Most recently, HAUS3 has been found to be mutated in breast cancer (35). When UPCI:SCC114 cells were transiently transfected with GFP-HAUS31–525, one of the mutant HAUS3 forms identified in breast cancer patients, γ-tubulin did not localize to spindle microtubules (Fig. 4B). Moreover, expression of GFP-HAUS31–525 induced spindle multipolarity in UPCI:SCC114 cells (Fig. 4B).

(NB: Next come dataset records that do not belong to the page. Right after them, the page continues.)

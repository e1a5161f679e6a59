-- ===== src/Spec/Model.antt =====
-- `Spec.Model` of internal/spec/spec.go: a model by name or identifier, "best" otherwise.
use perplexity_proxy_go.Prelude.{
  Bool, true, false, ◌||◌, ◌≡◌, refl, List, [], ◌∷◌, ◌++◌, All, String, ◌==◌, if◌then◌else◌,
}
use perplexity_proxy_go.Spec.Decode.{Model, Spec}

abbrev pub no_model : Model
no_model = record { name = ""; identifier = ""; mode = "" }

-- the second loop
find_best : List Model → Model
find_best [] = no_model
find_best (m ∷ ms) = if m.name == "best" then m else find_best ms

abbrev pub is_called : String → Model → Bool
is_called name m = m.name == name || m.identifier == name

-- the first loop; `others` is what it falls back to
find_model : String → List Model → Model → Model
find_model name [] others = others
find_model name (m ∷ ms) others = if is_called name m then m else find_model name ms others

-- `Spec.Model`
unfoldable pub model : Spec → String → Model
unfolding find_best find_model
model sp name = find_model name sp.models (find_best sp.models)

abbrev pub NotCalled : String → Model → Type 0
NotCalled name m = is_called name m ≡ false

find_model-append :
    (name : String) (before after : List Model) (m others : Model)
    → All (NotCalled name) before
    → is_called name m ≡ true
    → find_model name (before ++ m ∷ after) others ≡ m
unfolding find_model
find_model-append name [] after m others h k = rw k refl
find_model-append name (b ∷ before) after m others (p, h) k =
    rw p (find_model-append name before after m others h k)

find_model_none :
    (name : String) (ms : List Model) (others : Model)
    → All (NotCalled name) ms
    → find_model name ms others ≡ others
unfolding find_model
find_model_none name [] others h = refl
find_model_none name (m ∷ ms) others (p, h) = rw p (find_model_none name ms others h)

find_best-append :
    (before after : List Model) (m : Model)
    → All (λ b. (b.name == "best") ≡ false) before
    → (m.name == "best") ≡ true
    → find_best (before ++ m ∷ after) ≡ m
unfolding find_best
find_best-append [] after m h k = rw k refl
find_best-append (b ∷ before) after m (p, h) k = rw p (find_best-append before after m h k)

-- A model that is called by the given text, by its name or its identifier, and has none of that
-- kind before it in the list, is the one that the lookup gives.
model-eq-first :
    (sp : Spec) (name : String) (before after : List Model) (m : Model)
    → sp.models ≡ before ++ m ∷ after
    → All (NotCalled name) before
    → is_called name m ≡ true
    → model sp name ≡ m
unfolding model
model-eq-first sp name before after m e h k = rw e (find_model-append name before after m _ h k)

-- A text that no model is called by gives the first model named "best".
model-eq-best :
    (sp : Spec) (name : String) (before after : List Model) (m : Model)
    → sp.models ≡ before ++ m ∷ after
    → All (NotCalled name) sp.models
    → All (λ b. (b.name == "best") ≡ false) before
    → (m.name == "best") ≡ true
    → model sp name ≡ m
unfolding model
model-eq-best sp name before after m e h j k =
    rw (find_model_none name sp.models _ h, e) (find_best-append before after m j k)
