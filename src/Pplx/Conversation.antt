-- ===== src/Pplx/Conversation.antt =====
-- `Conversation`, its options and answers, and its request bodies: internal/pplx/ask.go, and the
-- request of internal/pplx/bridge.go.
use perplexity_proxy_go.Prelude.{
  false, not, List, some, String, ◌==◌, contains, take_runes, ◌⧺◌, if◌then◌else◌,
}
use perplexity_proxy_go.Json.{Value, null, bool, str, arr, obj, nil, cons, Fields, end, field}
use perplexity_proxy_go.Spec.Decode.{Spec}
use perplexity_proxy_go.Spec.Model.{model}
use perplexity_proxy_go.Transport.Client.{Host}
use perplexity_proxy_go.Pplx.Sse.{Citation, keep}

pub record AskOptions : Type 0 where
  pub model : String
  pub source_focus : String

pub record Answer : Type 0 where
  pub text : String
  pub citations : List Citation
  pub thread_title : String
  pub uuid : String

pub record Conversation : Type 0 where
  pub sp : Spec
  pub backend_uuid : String
  pub read_write_token : String

-- `NewConversation`; the transport is an argument of the methods
abbrev pub new_conversation : Spec → Conversation
new_conversation sp = record { sp = sp; backend_uuid = ""; read_write_token = "" }

-- `RestoreSession`
abbrev pub restore_session : String → String → Conversation → Conversation
restore_session uuid token c = record c { backend_uuid = uuid; read_write_token = token }

-- `currentTimezone`
unfoldable pub current_timezone : String → String
current_timezone name = if name == "" then "UTC" else if contains name "/" then name else "UTC"

-- `if v != "" { c.backendUUID = v }` and the same for the token
abbrev pub adopt : String → String → Conversation → Conversation
adopt uuid token c = record c {
  backend_uuid = keep (some uuid) c.backend_uuid;
  read_write_token = keep (some token) c.read_write_token;
}

abbrev pub or_else : String → String → String
or_else s other = if s == "" then other else s

-- the assignments under `if c.backendUUID != ""`
abbrev pub followup : String → String → Fields → Fields
followup uuid token rest =
    if uuid == ""
    then rest
    else field "last_backend_uuid" (str uuid) (
        field "query_source" (str "followup")
          (if token == "" then rest else field "read_write_token" (str token) rest))

-- the map `params`
unfoldable pub params : Host → AskOptions → Conversation → Fields
params host opt c =
    let d = c.sp.defaults in
    let m = model c.sp opt.model in
    followup c.backend_uuid c.read_write_token (
      field "attachments" (arr nil) (
        field "language" (str d.language) (
          field "timezone" (str (current_timezone host.zone)) (
            field "client_coordinates" null (
              field "sources" (arr (cons (str (or_else opt.source_focus d.source_focus)) nil)) (
                field "model_preference" (str m.identifier) (
                  field "mode" (str m.mode) (
                    field "search_focus" (str d.search_focus) (
                      field "search_recency_filter"
                        (if d.search_recency_filter == ""
                          then null
                          else str d.search_recency_filter)
                        (field "is_incognito" (bool (not d.save_to_library)) (
                          field "use_schematized_api" (bool d.use_schematized_api) (
                            field "local_search_enabled" (bool false) (
                              field "prompt_source" (str d.prompt_source) (
                                field "send_back_text_in_streaming_api"
                                  (bool d.send_back_text_in_streaming)
                                  (field "version" (str c.sp.api_version) end)))))))))))))))

-- `buildPayload`
unfoldable pub build_payload : Host → String → AskOptions → Conversation → Value
build_payload host query opt c =
    obj (field "params" (obj (params host opt c)) (field "query_str" (str query) end))

-- the path of the search session, with the first 500 runes of the query
unfoldable pub search_path : Host → String → Conversation → String
search_path host query c =
    c.sp.endpoints.search_init ⧺ "?q=" ⧺ host.query_escape (take_runes 500 query)

-- `req` of `askViaBridge`
unfoldable pub bridge_request : String → AskOptions → Conversation → Value
bridge_request query opt c =
    let m = model c.sp opt.model in
    let thread =
      if c.backend_uuid == ""
      then end
      else field "backend_uuid" (str c.backend_uuid) (
          if c.read_write_token == ""
          then end
          else field "read_write_token" (str c.read_write_token) end) in
    let focus =
      if opt.source_focus == ""
      then thread
      else field "source_focus" (str opt.source_focus) thread in
    obj (
      field "query" (str query)
        (if m.identifier == "" then focus else field "model" (str m.identifier) focus))
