-- ===== src/Pplx/Bridge.antt =====
-- internal/pplx/bridge.go: `askViaBridge` and what it calls.
use perplexity_proxy_go.Prelude.{
  Bool, not, ◌&&◌, List, [], ◌∷◌, Option, none, some, String, Bytes, bytes, ◌==◌, take_runes, ◌⧺◌,
  if◌then◌else◌,
}
use perplexity_proxy_go.Errors.{Failure, plain, wrapped, Result, ok, err, ◌>>=◌}
use perplexity_proxy_go.Json.{Value, Codec, at, to_str, to_int, to_struct, to_slice, to_document}
use perplexity_proxy_go.Transport.Client.{Host}
use perplexity_proxy_go.Pplx.Sse.{Citation}
use perplexity_proxy_go.Pplx.Conversation.{
  adopt, AskOptions, Answer, Conversation, bridge_request, or_else,
}

-- The environment in which a bridge process runs: the interpreter, the script, and its input, to
-- its output and the error of the command, if any.
abbrev pub Bridge : Type 0 → Type 0
Bridge W = String → String → Bytes → W → String × Option Failure × W

-- `bridgePython`
unfoldable pub bridge_python : Host → String
bridge_python host =
    let venv : String = elim host.home [
      | none ↦ "python3"
      | some home ↦
          let cand = host.join_path (home ∷ ".pplx" ∷ "bridge-venv" ∷ "bin" ∷ "python" ∷ []) in
          if host.exists cand then cand else "python3"
    ] in
    or_else (host.env "PPLX_PYTHON") venv

-- `bridgeEnabled`
unfoldable pub bridge_enabled : Host → Bool
bridge_enabled host = host.env "PPLX_BRIDGE" == "1"

-- `bridgeAuto`
unfoldable pub bridge_auto : Host → Bool
bridge_auto host = not (host.env "PPLX_NO_BRIDGE" == "1") && not (host.env "PPLX_BRIDGE" == "0")

decode_citation : Value → Result Citation
decode_citation v = do
  fs ← to_struct (some v)
  index ← to_int (at "index" fs)
  title ← to_str (at "title" fs)
  url ← to_str (at "url" fs)
  ok (record { index = index; title = title; url = url })

unfoldable pub decode_citations : List Value → Result (List Citation)
unfolding decode_citation
decode_citations [] = ok []
decode_citations (v ∷ vs) = do c ← decode_citation v; cs ← decode_citations vs; ok (c ∷ cs)

-- the anonymous struct `res` of `askViaBridge`
pub record BridgeReply : Type 0 where
  pub answer : String
  pub citations : List Citation
  pub thread_title : String
  pub backend_uuid : String
  pub read_write_token : String
  pub error : String

unfoldable pub decode_reply : Option Value → Result BridgeReply
unfolding decode_citations
decode_reply doc = do
  fs ← to_document doc
  answer ← to_str (at "answer" fs)
  vs ← to_slice (at "citations" fs)
  citations ← decode_citations vs
  title ← to_str (at "thread_title" fs)
  uuid ← to_str (at "backend_uuid" fs)
  token ← to_str (at "read_write_token" fs)
  error ← to_str (at "error" fs)
  ok (record {
    answer = answer;
    citations = citations;
    thread_title = title;
    backend_uuid = uuid;
    read_write_token = token;
    error = error;
  })

abbrev pub answer_of_reply : BridgeReply → Conversation → Result Answer × Conversation
answer_of_reply r c =
    if r.error == ""
    then (
      ok (record {
        text = r.answer;
        citations = r.citations;
        thread_title = r.thread_title;
        uuid = (adopt r.backend_uuid r.read_write_token c).backend_uuid;
      }),
      adopt r.backend_uuid r.read_write_token c,
    )
    else (err (plain ("bridge: " ⧺ r.error)), c)

abbrev pub finish_decoded :
    String → Result BridgeReply → Conversation → Result Answer × Conversation
finish_decoded out (err e) c =
    (err (wrapped "bridge decode: " e (" (out: " ⧺ take_runes 200 out ⧺ ")")), c)
finish_decoded out (ok r) c = answer_of_reply r c

-- what `askViaBridge` makes of the process's output, or of its error
unfoldable pub finish_bridge :
    Codec → String → Option Failure → Conversation → Result Answer × Conversation
finish_bridge codec out (some e) c =
    (err (wrapped "bridge: " e (" (stdout: " ⧺ take_runes 300 out ⧺ ")")), c)
finish_bridge codec out none c = finish_decoded out (decode_reply (codec.parse (bytes out))) c

module _ {W : Type 0} (host : Host) (bridge : Bridge W) where
  -- `askViaBridge`
  unfoldable pub ask_via_bridge :
      String → AskOptions → Conversation → W → Result Answer × Conversation × W
  ask_via_bridge query opt c w =
      let (out, e, w') =
        bridge (bridge_python host)
          (or_else (host.env "PPLX_BRIDGE_SCRIPT") "scripts/bridge_ask.py")
          (host.codec.print (bridge_request query opt c)) w in
      let (a, c') = finish_bridge host.codec out e c in (a, c', w')
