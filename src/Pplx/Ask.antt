-- ===== src/Pplx/Ask.antt =====
-- `Ask`, `AskStream`, `AskRaw` of internal/pplx/ask.go.
pub mod Fallback
pub mod Followup
pub mod Streaming
use perplexity_proxy_go.Prelude.{
  ℕ, Bool, true, false, not, ◌&&◌, ◌||◌, List, [], ◌∷◌, ◌++◌, Option, none, some, String, Bytes,
  bytes, ◌==◌, contains, take_runes, ◌⧺◌, is_digits, atoi, if◌then◌else◌,
}
use perplexity_proxy_go.Errors.{
  Failure, plain, wrapped, sentinel, authwalled, message, Result, ok, err, ◌>>=◌,
}
use perplexity_proxy_go.Act.{wrap_result}
use perplexity_proxy_go.Json.{
  Value, num, Fields, Codec, at, bad_json, to_str, to_struct, to_slice, to_document,
}
use perplexity_proxy_go.Spec.Decode.{Spec}
use perplexity_proxy_go.Transport.Client.{Client, Host}
use perplexity_proxy_go.Pplx.Sse.{Citation, State, start, keep, on_line}
use perplexity_proxy_go.Pplx.Bridge.{Bridge, bridge_enabled, bridge_auto, ask_via_bridge}
use perplexity_proxy_go.Pplx.Conversation.{
  adopt, AskOptions, Answer, Conversation, build_payload, search_path, bridge_request, or_else,
}

abbrev signatures : List String
signatures =
    "ErrRateLimited" ∷ "rate limit" ∷ "handshake" ∷ "connection error" ∷ "FLOW_CONTROL"
    ∷ "logged_out" ∷ "Sign up and repeat" ∷ "authwall" ∷ []

abbrev pub contains_any : String → List String → Bool
contains_any text [] = false
contains_any text (sig ∷ sigs) = contains text sig || contains_any text sigs

-- `bridgeWorthy` of an error
unfoldable pub bridge_worthy : Failure → Bool
bridge_worthy e = contains_any (message e) signatures

-- what `askDirect` and `AskStream` do once the stream has ended
unfoldable pub finish_stream : State × Option Failure → Conversation → Result Answer × Conversation
finish_stream (s, some e) c = (err (wrapped "ask: " e ""), c)
finish_stream (s, none) c = if s.authwalled then (err (sentinel authwalled), c) else (
  ok (record {
    text = s.answer;
    citations = s.citations;
    thread_title = s.title;
    uuid = (adopt s.backend_uuid s.read_write_token c).backend_uuid;
  }),
  adopt s.backend_uuid s.read_write_token c,
)

module _ {W : Type 0} (host : Host) (client : Client W) where
  abbrev searched :
      Result (Unit {0}) × W
      → (W → (State × Option Failure) × W)
      → Conversation
      → State × Result Answer × Conversation × W
  searched (err e, w) post c = (start false, err (wrapped "init search: " e ""), c, w)
  searched (ok _, w) post c =
      let (r, w') = post w in let (a, c') = finish_stream r c in (r.0, a, c', w')

  -- the common body of `askDirect` (no callback) and `AskStream`; what the callback got is in the
  -- state that comes back first
  unfoldable pub run_ask :
      Bool → String → AskOptions → Conversation → W → State × Result Answer × Conversation × W
  run_ask on_chunk query opt c w =
      searched (client.get (search_path host query c) w)
        (client.post_sse State (on_line host.codec) c.sp.endpoints.ask
          (build_payload host query opt c) (start on_chunk))
        c

  -- `askDirect`
  unfoldable pub ask_direct :
      String → AskOptions → Conversation → W → Result Answer × Conversation × W
  ask_direct query opt c w = let (s, a, c', w') = run_ask false query opt c w in (a, c', w')

  -- `AskStream`, with the deltas that it hands to `onChunk`
  unfoldable pub ask_stream :
      Bool → String → AskOptions → Conversation → W → List String × Result Answer × Conversation × W
  ask_stream on_chunk query opt c w =
      let (s, a, c', w') = run_ask on_chunk query opt c w in (s.emitted, a, c', w')

  abbrev raw_line : List Bytes → Bytes → List Bytes × Option Failure
  raw_line lines line = (lines ++ line ∷ [], none)

  abbrev posted_raw :
      Result (Unit {0}) × W
      → (W → (List Bytes × Option Failure) × W)
      → (List Bytes × Option Failure) × W
  posted_raw (err e, w) post = (([], some (wrapped "init search: " e "")), w)
  posted_raw (ok _, w) post = post w

  -- `AskRaw`: the raw lines, in order
  unfoldable pub ask_raw :
      String → AskOptions → Conversation → W → (List Bytes × Option Failure) × W
  ask_raw query opt c w =
      posted_raw (client.get (search_path host query c) w) (
        client.post_sse (List Bytes) raw_line c.sp.endpoints.ask (build_payload host query opt c)
          [])

module _ {W : Type 0} (host : Host) (client : Client W) (bridge : Bridge W) where
  abbrev pub retry :
      String → AskOptions → Result Answer × Conversation × W → Result Answer × Conversation × W
  retry query opt (ok a, c, w) = (ok a, c, w)
  retry query opt (err e, c, w) =
      if bridge_auto host && bridge_worthy e
      then ask_via_bridge host bridge query opt c w
      else (err e, c, w)

  -- `Ask`
  unfoldable pub ask : String → AskOptions → Conversation → W → Result Answer × Conversation × W
  ask query opt c w =
      if bridge_enabled host
      then ask_via_bridge host bridge query opt c w
      else retry query opt (ask_direct host client query opt c w)
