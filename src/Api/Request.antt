-- ===== src/Api/Request.antt =====
-- Request parsing of internal/api/server.go: `messagesRequest`, `flattenContent`, and the checks of
-- `handleMessages` up to the query.
pub mod Turns
pub mod Refusals
use perplexity_proxy_go.Prelude.{
  ℕ, suc, Bool, true, false, not, ◌&&◌, ◌||◌, List, [], ◌∷◌, Option, none, some, String, Bytes,
  ◌==◌, starts_with, drop_prefix, join, ◌⧺◌, ◌⊎◌, inl, inr, if◌then◌else◌,
}
use perplexity_proxy_go.Errors.{Failure, message, decimal, Result, ok, err, ◌>>=◌}
use perplexity_proxy_go.Json.{
  Value, null, num, str, arr, Fields, elems, at, bad_json, to_str, to_int, to_bool, to_struct,
  to_slice, to_document,
}
use perplexity_proxy_go.Transport.Client.{Host}

-- one of `messages`: a role, and the raw content, `none` where the member is absent
pub record Turn : Type 0 where
  pub role : String
  pub content : Option Value

pub record MessagesRequest : Type 0 where
  pub model : String
  pub system : String
  pub messages : List Turn
  pub stream : Bool

unfoldable pub decode_turns : List Value → Result (List Turn)
decode_turns [] = ok []
decode_turns (v ∷ vs) = do
  fs ← to_struct (some v)
  role ← to_str (at "role" fs)
  ts ← decode_turns vs
  ok (record { role = role; content = at "content" fs } ∷ ts)

unfoldable pub decode_request : Option Value → Result MessagesRequest
unfolding decode_turns
decode_request doc = do
  fs ← to_document doc
  model ← to_str (at "model" fs)
  _ ← to_int (at "max_tokens" fs)
  system ← to_str (at "system" fs)
  vs ← to_slice (at "messages" fs)
  messages ← decode_turns vs
  stream ← to_bool (at "stream" fs)
  ok (record { model = model; system = system; messages = messages; stream = stream })

-- A step that passes, or answers with `writeError`.
pub data Checked {ℓ} (A : Type ℓ) : Type ℓ where
  passed : A → Checked A
  refused : (status : ℕ) → (type msg : String) → Checked A

abbrev decode_block : Value → Result (String × String)
decode_block v = to_struct (some v) >>= λ fs.
    to_str (at "type" fs) >>= λ type. to_str (at "text" fs) >>= λ text. ok (type, text)

unfoldable pub decode_blocks : List Value → Result (List (String × String))
decode_blocks [] = ok []
decode_blocks (v ∷ vs) = decode_block v >>= λ b. decode_blocks vs >>= λ bs. ok (b ∷ bs)

-- the loop of `flattenContent`; the error is the type that is not supported
unfoldable pub text_parts : List (String × String) → String ⊎ List String
text_parts [] = inr []
text_parts ((type, text) ∷ bs) =
    let rest = text_parts bs in
    if type == "text" then elim rest [ inl bad ↦ inl bad | inr ts ↦ inr (text ∷ ts) ] else inl type

abbrev join_parts : Host → String ⊎ List String → String ⊎ String
join_parts host (inl type) =
    inl ("unsupported content block type " ⧺ host.quote type ⧺ " (only text is supported)")
join_parts host (inr parts) = inr (join "\n" parts)

abbrev join_blocks : Host → Result (List (String × String)) → String ⊎ String
join_blocks host (err e) = inl "content must be a string or a list of text blocks"
join_blocks host (ok bs) = join_parts host (text_parts bs)

-- `flattenContent`: an error text or the content's text
unfoldable pub flatten_content : Host → Option Value → String ⊎ String
flatten_content host none = inr ""
flatten_content host (some null) = inr ""
flatten_content host (some (str s)) = inr s
flatten_content host (some (arr vs)) = join_blocks host (decode_blocks (elems vs))
flatten_content host (some _) = inl "content must be a string or a list of text blocks"

abbrev is_role : String → Bool
is_role role = role == "user" || role == "assistant"

abbrev pub at_index : ℕ → String → String
at_index i msg = "messages[" ⧺ decimal i ⧺ "]: " ⧺ msg

abbrev read_turn : Host → ℕ → String → String ⊎ String → Checked String
read_turn host i role (inl problem) = refused 400 "invalid_request_error" (at_index i problem)
read_turn host i role (inr text) =
    if is_role role
    then passed (role ⧺ ": " ⧺ text)
    else refused 400 "invalid_request_error"
        (at_index i ("role must be user or assistant, got " ⧺ host.quote role))

abbrev add_turn : Checked String → Checked (List String) → Checked (List String)
add_turn (refused status type msg) rest = refused status type msg
add_turn (passed t) (refused status type msg) = refused status type msg
add_turn (passed t) (passed ts) = passed (t ∷ ts)

-- the loop over `req.Messages`, from index `i`
unfoldable pub read_turns : Host → ℕ → List Turn → Checked (List String)
unfolding flatten_content
read_turns host i [] = passed []
read_turns host i (m ∷ ms) =
    add_turn (read_turn host i m.role (flatten_content host m.content)) (read_turns host (suc i) ms)

-- `query`, with the system prompt before it
abbrev pub with_system : String → List String → String
with_system system turns =
    if system == "" then join "\n" turns else "system: " ⧺ system ⧺ "\n" ⧺ join "\n" turns

pub record HttpRequest : Type 0 where
  pub method : String
  -- `r.Header.Get`
  pub header : String → String
  -- the JSON document in the body
  pub body : Option Value

-- the key that a request presents
unfoldable pub presented_key : HttpRequest → String
presented_key r =
    let key = r.header "x-api-key" in
    let auth = r.header "Authorization" in
    if key == ""
    then (if starts_with auth "Bearer " then drop_prefix auth "Bearer " else key)
    else key

unfoldable pub is_authorized : String → HttpRequest → Bool
is_authorized api_key r = api_key == "" || presented_key r == api_key

abbrev is_empty : List Turn → Bool
is_empty [] = true
is_empty (m ∷ ms) = false

abbrev queried : MessagesRequest → Checked (List String) → Checked (MessagesRequest × String)
queried req (refused status type msg) = refused status type msg
queried req (passed turns) = passed (req, with_system req.system turns)

abbrev read_body : Host → Result MessagesRequest → Checked (MessagesRequest × String)
read_body host (err e) = refused 400 "invalid_request_error" ("invalid JSON body: " ⧺ message e)
read_body host (ok req) =
    if is_empty req.messages
    then refused 400 "invalid_request_error" "messages must contain at least one message"
    else if req.model == ""
    then refused 400 "invalid_request_error" "model is required"
    else queried req (read_turns host 0 req.messages)

-- `handleMessages` up to the call of the factory: the request and its query
unfoldable pub read_request : Host → String → HttpRequest → Checked (MessagesRequest × String)
read_request host api_key r =
    if not (r.method == "POST")
    then refused 405 "invalid_request_error" "POST only"
    else if not (is_authorized api_key r)
    then refused 401 "authentication_error" "missing or invalid API key"
    else read_body host (decode_request r.body)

CEP164 is required for spindle pole integrity

CEP164 was identified as one of the strongest hits in our screen (Table 1 and table S2). CEP164 is a newly identified centrosomal protein whose depletion impairs primary cilium formation (36). It localizes to the distal appendages of mature centrioles. Centriolar appendages serve as microtubule-anchoring structures of the centrosome. Knockdown of CEP164 leads to a strong induction of spindle multipolarity in normal BJ fibroblasts and hTERT-RPE-1 cells and, in contrast to most other proteins that we identified as hits, to multipolar spindles with centrioles at only two spindle poles (Fig. 1E, Table 1, and fig. S4). Time-lapse imaging revealed that, contrary to the situation in control cells, during early mitosis in CEP164-depleted UPCI:SCC114 cells, microtubule seeds that are nucleated at extracentrosomal sites are not integrated into a bipolar spindle array, resulting in spindle multipolarity (Fig. 5A). Later, bipolar spindles disintegrate, with additional acentrosomal poles emerging by separation of microtubule bundles from spindle poles, resulting in metaphase arrest with prolongation of mitosis to 505 ± 131 min as compared to 133 ± 15 min after mock treatment (Fig. 5B).

Fig. 5

CEP164 is required for bipolar spindle formation. (A) GFP–α-tubulin–expressing UPCI:SCC114 cells transfected with luciferase (LUC)– or CEP164-specific siRNA were subjected to continuous time-lapse video microscopy 24 hours after transfection. Contrary to cells transfected with CEP164-specific siRNA (bottom panel), in control cells transfected with luciferase-specific siRNA microtubule seeds (arrows) were transported toward the poles, resulting in a bipolar spindle (top panel). (B) CEP164 is required for spindle pole integrity. GFP–α-tubulin–expressing UPCI:SCC114 cells transfected with CEP164-specific siRNA were subjected to continuous time-lapse video microscopy 24 hours after transfection. Depletion of CEP164 causes disintegration of spindle poles during metaphase. Scale bars, 5 μm. Time is shown in minutes.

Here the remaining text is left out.